Despite the heartbreak, the brothers feel grateful to know their father’s fate.
“I think we are still lucky to at least have his [prisoner] number with the date he died, because many families are still looking for this information, more than 10 years on,” Ezzat says.
But there are still many unanswered questions for Ezzat and Mohamad.
“I want to know what rights my father had.
“Until now, we still don’t know if they buried him respectfully or not.”
After hearing about its mission to gather data on missing persons, Ezzat contacted the Caesar Families Association to try to find these answers.
As new reports continue to flow in, CFA’s work remains a key resource for those left behind.
But the team not only helps those whose relatives have been disappeared by the regime, but by any group across Syria.
“I thought no one should go through what I experienced and lose so many people,” Yasmen says.
There are a host of organisations fulfilling various roles in the search for missing persons - each one a different link in the chain.
Some gather information for the purpose of prosecution, others purely collect testimony from former detainees.
“It is a complex operation,” Yasmen explains.
And so CFA, together with a collective of other groups, launched the Truth and Justice Charter, and began to lobby the UN for an international body dedicated to their cause.
“Having one institution that unites the multiple efforts aimed at revealing the fate of the disappeared and preserving evidence is crucial.”
“It would also help to significantly reduce the suffering of victims’ families, by providing one centralised place for families to turn to when they seek answers about their missing loved ones.”
After years of silence from the international community, in late 2022 UN Secretary-General António Guterres recommended the creation of such an institution.
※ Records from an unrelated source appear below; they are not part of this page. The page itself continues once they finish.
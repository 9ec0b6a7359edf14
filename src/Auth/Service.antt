-- ===== src/Auth/Service.antt =====
-- src/auth/auth.service.ts, with token-revocation.service.ts, `validate` of strategies/jwt.strategy.ts and
-- guards/roles.guard.ts. Random values are arguments.
pub mod Sessions
use atraport_api.Prelude.{
  ℕ, ◌+◌, ◌*◌, String, Bool, true, false, not, ◌&&◌, ◌||◌, Option, none, some, List, [], ◌∷◌, any,
  nat_eq, ◌<>◌, truthy, if◌then◌else◌,
}
use mathlib.Core.Option
use Prim.Native.String
use text.Mathlib.Text.{◌==◌}
use atraport_api.Auth.Types
use atraport_api.Auth.Types.{
  UserRole, UserStatus, User, AuthUser, TokenPair, RegisterInput, GoogleClaims, JwtPayload,
  AuthError, Outcome, fails, gives, is_active, to_auth_user,
}
use atraport_api.Auth.Storage.{Database, Crypto, Drawn}

abbrev pub access_token_ttl : ℕ
access_token_ttl = 15 * 60

abbrev pub both_texts : Option String → Option String → Bool → Option (String × String)
both_texts (some a) (some b) true = some (a, b)
both_texts _ _ _ = none

module _ {S : Type 0} (db : Database S) (crypto : Crypto) where
  new_user : RegisterInput → String → String → User
  new_user dto id salt = record {
    id = id;
    email = dto.email;
    password_hash = crypto.hash salt dto.password;
    social_provider = none;
    social_provider_id = none;
    role = Option.get_or dto.role UserRole.user;
    status = UserStatus.active;
    refresh_token_hash = none;
    api_key_hash = none;
    api_key_prefix = none;
  }

  register_found : RegisterInput → String → String → Option User → S → Outcome AuthUser × S
  register_found dto id salt (some existing) s = (fails AuthError.conflict, s)
  register_found dto id salt none s =
      let created = new_user dto id salt in (gives (to_auth_user created), db.insert created s)

  unfoldable pub register : RegisterInput → String → String → S → Outcome AuthUser × S
  unfolding register_found new_user
  register dto id salt s = register_found dto id salt (db.user_by_email dto.email s) s

  credentials_of : String → Option User → Option AuthUser
  credentials_of password none = none
  credentials_of password (some u) =
      if is_active u.status && crypto.compare password u.password_hash
      then some (to_auth_user u)
      else none

  unfoldable pub validate_credentials : String → String → S → Option AuthUser
  unfolding credentials_of
  validate_credentials email password s = credentials_of password (db.user_by_email email s)

  unfoldable pub generate_access_token : AuthUser → Drawn → String
  generate_access_token u drawn =
      crypto.sign
        (record { sub = u.id; email = u.email; role = u.role; jti = some drawn.jti; exp = none })
        access_token_ttl

  abbrev pub with_refresh_hash : Option String → User → User
  with_refresh_hash h u = record u { refresh_token_hash = h }

  unfoldable pub generate_refresh_token : AuthUser → Drawn → S → String × S
  generate_refresh_token u drawn s = (
    drawn.token,
    db.update u.id (with_refresh_hash (some (crypto.hash drawn.salt drawn.token))) s,
  )

  unfoldable pub login : AuthUser → Drawn → S → TokenPair × S
  login u drawn s =
      let (refresh_token, s') = generate_refresh_token u drawn s in
      (record { access_token = generate_access_token u drawn; refresh_token = refresh_token }, s')

  -- `ticket` is what Google's client found in the token: nothing where the check threw.
  verified_claims : Option GoogleClaims → Option (String × String)
  verified_claims none = none
  verified_claims (some c) = both_texts (truthy c.sub) (truthy c.email) c.email_verified

  finish_login : User → Drawn → S → Outcome TokenPair × S
  finish_login u drawn s =
      if is_active u.status
      then (let (pair, s') = login (to_auth_user u) drawn s in (gives pair, s'))
      else (fails AuthError.unauthorized, s)

  -- No user has the social id: the user of the address is linked to it, or one is made.
  link_or_create : String → String → String → Drawn → Option User → S → Outcome TokenPair × S
  link_or_create sub email id drawn none s =
      let created : User = record {
        id = id;
        email = email;
        password_hash = crypto.hash drawn.salt drawn.password;
        social_provider = some "google";
        social_provider_id = some sub;
        role = UserRole.user;
        status = UserStatus.active;
        refresh_token_hash = none;
        api_key_hash = none;
        api_key_prefix = none;
      } in
      finish_login created drawn (db.insert created s)
  link_or_create sub email id drawn (some u) s =
      if is_active u.status
      then finish_login u drawn (
          db.update u.id
            (λ u'. record u' { social_provider = some "google"; social_provider_id = some sub }) s)
      else (fails AuthError.unauthorized, s)

  social_user : String → String → String → Drawn → Option User → S → Outcome TokenPair × S
  social_user sub email id drawn (some u) s = finish_login u drawn s
  social_user sub email id drawn none s =
      link_or_create sub email id drawn (db.user_by_email email s) s

  social_claims : Option (String × String) → String → Drawn → S → Outcome TokenPair × S
  social_claims none id drawn s = (fails AuthError.unauthorized, s)
  social_claims (some (sub, email)) id drawn s =
      social_user sub email id drawn (db.user_by_social "google" sub s) s

  -- The provider must be Google and its client configured.
  unfoldable pub social_login :
      Bool → Bool → Option GoogleClaims → String → Drawn → S → Outcome TokenPair × S
  unfolding social_claims social_user link_or_create finish_login verified_claims
  social_login is_google is_configured ticket id drawn s =
      if is_google && is_configured
      then social_claims (verified_claims ticket) id drawn s
      else (fails AuthError.unauthorized, s)

  -- The guards of `refreshTokens`, past which the user is known.
  matching_user : String → Option String → User → Option User
  matching_user token none u = none
  matching_user token (some stored) u = if crypto.compare token stored then some u else none

  unfoldable pub refreshable : String → Option User → Option User
  unfolding matching_user
  refreshable token none = none
  refreshable token (some u) = matching_user token (truthy u.refresh_token_hash) u

  unfoldable pub rotate : Option User → Drawn → S → Outcome TokenPair × S
  rotate none drawn s = (fails AuthError.unauthorized, s)
  rotate (some u) drawn s =
      let (pair, s') = login (to_auth_user u) drawn (db.update u.id (with_refresh_hash none) s) in
      (gives pair, s')

  unfoldable pub refresh_tokens : String → String → Drawn → S → Outcome TokenPair × S
  refresh_tokens user_id token drawn s =
      rotate (refreshable token (db.user_by_id user_id s)) drawn s

  -- `decoded?.jti && decoded?.exp`
  both : Option String → Option ℕ → Option (String × ℕ)
  both (some jti) (some t) = if nat_eq t 0 then none else some (jti, t)
  both _ _ = none

  unfoldable pub revocable : Option JwtPayload → Option (String × ℕ)
  unfolding both
  revocable none = none
  revocable (some p) = both (truthy p.jti) p.exp

  -- `revoke`: an exception where the row is there already.
  unfoldable pub revoke : Option (String × ℕ) → S → Option S
  revoke none s = some s
  revoke (some (jti, t)) s = db.add_revoked jti (t * 1000) s

  unfoldable pub logout : String → String → S → S
  logout user_id access_token s =
      db.update user_id (with_refresh_hash none)
        (Option.get_or (revoke (revocable (crypto.decode access_token)) s) s)

  revoked_or : Option S → S → Outcome {0} Unit × S
  revoked_or none s = (fails AuthError.unauthorized, s)
  revoked_or (some s') s = (gives tt, s')

  unfoldable pub revoke_token : String → S → Outcome {0} Unit × S
  unfolding revoked_or
  revoke_token token s = revoked_or (revoke (revocable (crypto.decode token)) s) s

  -- `rawKey.slice(0, 10)`
  unfoldable pub key_prefix : String → String
  key_prefix key = String.slice key 0 10

  api_key_for : String → String → String → Option User → S → Outcome (String × String) × S
  api_key_for user_id drawn salt none s = (fails AuthError.not_found, s)
  api_key_for user_id drawn salt (some u) s =
      let raw_key = "ak_" <> drawn in
      let prefix = key_prefix raw_key in
      (
        gives (raw_key, prefix),
        db.update user_id
            (λ u'. record u' {
              api_key_hash = some (crypto.hash salt raw_key);
              api_key_prefix = some prefix;
            })
            s,
      )

  unfoldable pub generate_api_key : String → String → String → S → Outcome (String × String) × S
  unfolding api_key_for
  generate_api_key user_id drawn salt s = api_key_for user_id drawn salt (db.user_by_id user_id s) s

  key_owner : String → Option String → User → Option AuthUser
  key_owner key none u = none
  key_owner key (some stored) u = if crypto.compare key stored then some (to_auth_user u) else none

  owner_found : String → Option User → Option AuthUser
  unfolding key_owner
  owner_found key none = none
  owner_found key (some u) = key_owner key (truthy u.api_key_hash) u

  unfoldable pub validate_api_key : String → S → Option AuthUser
  unfolding owner_found
  validate_api_key key s = owner_found key (db.active_user_by_prefix (key_prefix key) s)

  abbrev pub revoked_jti : Option String → S → Bool
  revoked_jti none s = false
  revoked_jti (some jti) s = db.is_revoked jti s

  -- `validate` of the JWT strategy, for a token whose signature and time have been checked.
  unfoldable pub validate : JwtPayload → S → Outcome AuthUser
  validate p s =
      if revoked_jti (truthy p.jti) s
      then fails AuthError.unauthorized
      else gives (record { id = p.sub; email = p.email; role = p.role })

  unfoldable pub purge_expired : ℕ → S → S
  purge_expired now s = db.purge_revoked now s

-- `canActivate` of the roles guard: the roles asked for, where there is such a decorator, and the role of
-- the request's user, if it has one. False is its `ForbiddenException`.
abbrev pub same_role : UserRole → UserRole → Bool
same_role UserRole.admin UserRole.admin = true
same_role UserRole.user UserRole.user = true
same_role UserRole.readonly UserRole.readonly = true
same_role _ _ = false

unfoldable pub has_role : List UserRole → Option UserRole → Bool
has_role required none = false
has_role required (some role) = any (λ r. same_role r role) required

unfoldable pub can_activate : Option (List UserRole) → Option UserRole → Bool
can_activate none role = true
can_activate (some []) role = true
can_activate (some (r ∷ rs)) role = has_role (r ∷ rs) role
At the time of writing, Yasmen is preparing to fly to New York to meet with representatives from Argentina, Chile and Mexico, all throwing their support behind the now-global initiative.
Yasmen has had to appear before the UN, lawyers and decision makers numerous times to recount the loss of her brothers and she describes how devastating it still feels.
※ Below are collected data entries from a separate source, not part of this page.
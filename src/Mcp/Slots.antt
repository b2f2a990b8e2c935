-- ===== src/Mcp/Slots.antt =====
-- The session slots of `_BoundedHttpMessageMiddleware` in hub/src/goffy_hub/mcp_server.py: active
-- sessions with the time of their last activity, open streams, and reservations for sessions that
-- are being set up. Each method is one step under the lock. Times are whole milliseconds; a count
-- of streams that would fall to 0 or below is removed.
pub mod Invariant
pub mod Pruning
use goffy_os.Prelude.{
  ℕ, ◌+◌, ◌-◌, String, Bool, true, false, not, ◌&&◌, Option, none, some, List, [], ◌∷◌, ltb, leb,
  length, string_eq, ◌==◌, if◌then◌else◌,
}
use goffy_os.Prelude.Dict.{Dict, get, put, remove, remove_all, has}

pub record Limits : Type 0 where
  pub max_message_bytes : ℕ
  pub max_active_sessions : ℕ
  pub session_idle_timeout : ℕ

pub record Slots : Type 0 where
  pub active_sessions : Dict String ℕ
  pub streaming_session_counts : Dict String ℕ
  pub pending_sessions : ℕ

abbrev pub no_slots : Slots
no_slots = record { active_sessions = []; streaming_session_counts = []; pending_sessions = 0 }

-- `last_activity <= cutoff and session_id not in self._streaming_session_counts`
unfoldable pub is_idle : Limits → ℕ → Dict String ℕ → String → ℕ → Bool
is_idle limits now streaming session_id last_activity =
    leb (last_activity + limits.session_idle_timeout) now && not (has streaming session_id)

-- The list `expired` of `_prune_idle_sessions`
unfoldable pub expired : Limits → ℕ → Dict String ℕ → Dict String ℕ → List String
expired limits now streaming [] = []
expired limits now streaming ((session_id, last_activity) ∷ active) =
    let rest = expired limits now streaming active in
    if is_idle limits now streaming session_id last_activity then session_id ∷ rest else rest

unfoldable pub prune_idle_sessions : Limits → ℕ → Slots → Slots
prune_idle_sessions limits now s = record s {
  active_sessions =
      remove_all s.active_sessions
        (expired limits now s.streaming_session_counts s.active_sessions);
}

unfoldable pub reserve_session_slot : Limits → ℕ → Slots → Slots × Bool
reserve_session_slot limits now s =
    let s' = prune_idle_sessions limits now s in
    if leb limits.max_active_sessions (length s'.active_sessions + s'.pending_sessions)
    then (s', false)
    else (record s' { pending_sessions = s'.pending_sessions + 1 }, true)

unfoldable pub release_session_reservation : Slots → Slots
release_session_reservation s = record s { pending_sessions = s.pending_sessions - 1 }

unfoldable pub complete_session_reservation : ℕ → Option String → Slots → Slots
complete_session_reservation now session_id s = elim session_id [
  | none ↦ release_session_reservation s
  | some id ↦ record s {
    active_sessions = put s.active_sessions id now;
    pending_sessions = s.pending_sessions - 1;
  }
]

unfoldable pub touch_session : ℕ → String → Slots → Slots
touch_session now session_id s =
    if has s.active_sessions session_id
    then record s { active_sessions = put s.active_sessions session_id now }
    else s

unfoldable pub remove_session : String → Slots → Slots
remove_session session_id s = record s {
  active_sessions = remove s.active_sessions session_id;
  streaming_session_counts = remove s.streaming_session_counts session_id;
}

unfoldable pub remove_sessions : List String → Slots → Slots
remove_sessions session_ids s = record s {
  active_sessions = remove_all s.active_sessions session_ids;
  streaming_session_counts = remove_all s.streaming_session_counts session_ids;
}

-- self._streaming_session_counts.get(session_id, 0)
unfoldable pub stream_count : Slots → String → ℕ
stream_count s session_id = elim (get s.streaming_session_counts session_id) [
  | none ↦ 0
  | some n ↦ n
]

-- `_mark_session_streaming` with the increment 1
unfoldable pub open_stream : String → Slots → Slots
open_stream session_id s = record s {
  streaming_session_counts =
      put s.streaming_session_counts session_id (stream_count s session_id + 1);
}

-- `_mark_session_streaming` with the increment -1
unfoldable pub close_stream : String → Slots → Slots
close_stream session_id s = record s {
  streaming_session_counts =
      if ltb 1 (stream_count s session_id)
      then put s.streaming_session_counts session_id (stream_count s session_id - 1)
      else remove s.streaming_session_counts session_id;
}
“Nothing is easy about telling my story,” she says.
“I try not to cry…so I don’t look weak. I know there is nothing shameful about crying, but it is important to stay strong to encourage them to make initiatives and take action.
“I don’t want them to comfort me and say ‘Oh, poor Yasmen, you made us cry.’ No, I don’t want this. I want them to take effective steps.”
Beyond procedural justice, Yasmen hopes it will bring closure to families who have spent years waiting for truths that have been kept from them.
Despite the tragedies they have endured, Ezzat says his family will recover and he is determined to change his story.
His family fled the war and came to Australia, settling in Adelaide, where Ezzat is now studying to become a pilot.
“It has been my dream since childhood,” he says.
“Whenever I heard the sound of a plane flying in the sky, I would look at it and watch it as it was flying. I loved living in the sky and among the clouds.
“I always imagine myself sitting in the cockpit, flying through the clouds, feeling joy and pride in what I’m doing with something I love.”
More than his own dream, he hopes it will mean something for his father.
“I will make him proud.”
To those still seeking information about their loved ones, he leans on what brought his family some peace.
“Just be patient and the truth will appear.”
Tens of thousands of people are still searching for answers on the fates of their missing relatives.